- [Task statement]:
The lines you return should be those containing the string "repository", taken from the data below.

- [Data listing]:
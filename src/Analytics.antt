-- ===== src/Analytics.antt =====
-- The event batcher of services/analytics-service/internal/usecase/batcher.go. Its critical sections
-- are functions, so that callers may interleave; timeouts are failures of BatchInsert.
pub mod Batcher
mod Tests
use go_ozon_marketplace.Prelude.{
  ℕ, ◌≡◌, Bool, List, [], ◌∷◌, ◌++◌, Option, none, some, leb, length, if◌then◌else◌,
}
use go_ozon_marketplace.Prelude.Effect.{Error, Result, ok, err, Action}

-- `size` in NewAnalyticsUsecase
abbrev pub batch_size : ℕ
batch_size = 100

-- The batcher that callers share: its buffer, and the batches that Flush has taken and not yet
-- inserted or restored, one for each call that is at that point.
abbrev pub Shared : Type 0 → Type 0
Shared E = List E × List (List E)

module _ {E : Type 0} where
  -- The section of Add: the buffer, and whether it is to be flushed.
  unfoldable pub append_event : E → List E → Bool × List E
  append_event e buffer =
      let buffer' = buffer ++ e ∷ [] in (leb batch_size (length buffer'), buffer')

  -- The first section of Flush: the events taken, none of an empty buffer, and the buffer.
  unfoldable pub take_events : List E → Option (List E) × List E
  take_events [] = (none, [])
  take_events (e ∷ es) = (some (e ∷ es), [])

  -- The second section of Flush, after a failure.
  unfoldable pub restore_events : List E → List E → List E
  restore_events events buffer = events ++ buffer

  -- The batcher that one caller uses: `R` is the state of the repository.
  module _ {R : Type 0} (batch_insert : List E → Action R (Unit {0})) where
    abbrev pub inserted : List E → Result (Unit {0}) × R → List E → Result (Unit {0}) × (List E × R)
    inserted events (ok _, r) buffer = (ok tt, (buffer, r))
    inserted events (err e, r) buffer = (err e, (restore_events events buffer, r))

    abbrev pub insert_taken : Option (List E) × List E → R → Result (Unit {0}) × (List E × R)
    insert_taken (none, buffer) r = (ok tt, (buffer, r))
    insert_taken (some events, buffer) r = inserted events (batch_insert events r) buffer

    -- Flush; Stop ends with it, once the ticker's loop has ended.
    unfoldable pub flush : Action (List E × R) (Unit {0})
    flush (buffer, r) = insert_taken (take_events buffer) r

    abbrev pub flush_if : Bool × List E → R → Result (Unit {0}) × (List E × R)
    flush_if (full, buffer) r = if full then flush (buffer, r) else (ok tt, (buffer, r))

    -- Add
    unfoldable pub add : E → Action (List E × R) (Unit {0})
    add e (buffer, r) = flush_if (append_event e buffer) r

  -- A section of some caller: from a shared state to another, with the events that the section adds to
  -- the batcher and those that the repository takes. `before` and `after` are other callers' batches.
  pub data Section : Shared E → List E → List E → Shared E → Type 0 where
    adds :
        (e : E) (buffer : List E) (taken : List (List E))
        → Section (buffer, taken) (e ∷ []) [] ((append_event e buffer).1, taken)
    takes :
        (events buffer : List E) (taken : List (List E))
        → (take_events buffer).0 ≡ some events
        → Section (buffer, taken) [] [] ((take_events buffer).1, events ∷ taken)
    inserts :
        (events buffer : List E) (before after : List (List E))
        → Section (buffer, before ++ events ∷ after) [] events (buffer, before ++ after)
    restores :
        (events buffer : List E) (before after : List (List E))
        → Section
            (buffer, before ++ events ∷ after)
            []
            []
            (restore_events events buffer, before ++ after)

  -- Any interleaving of the sections of any callers.
  pub data Run : Shared E → List E → List E → Shared E → Type 0 where
    idle : (s : Shared E) → Run s [] [] s
    section :
        {s s' s'' : Shared E} {a i a' i' : List E}
        → Section s a i s'
        → Run s' a' i' s''
        → Run s (a ++ a') (i ++ i') s''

- [Result for this exercise]:
  -- The batcher that one caller uses: `R` is the state of the repository.
  -- the batcher and those that the repository takes. `before` and `after` are other callers' batches.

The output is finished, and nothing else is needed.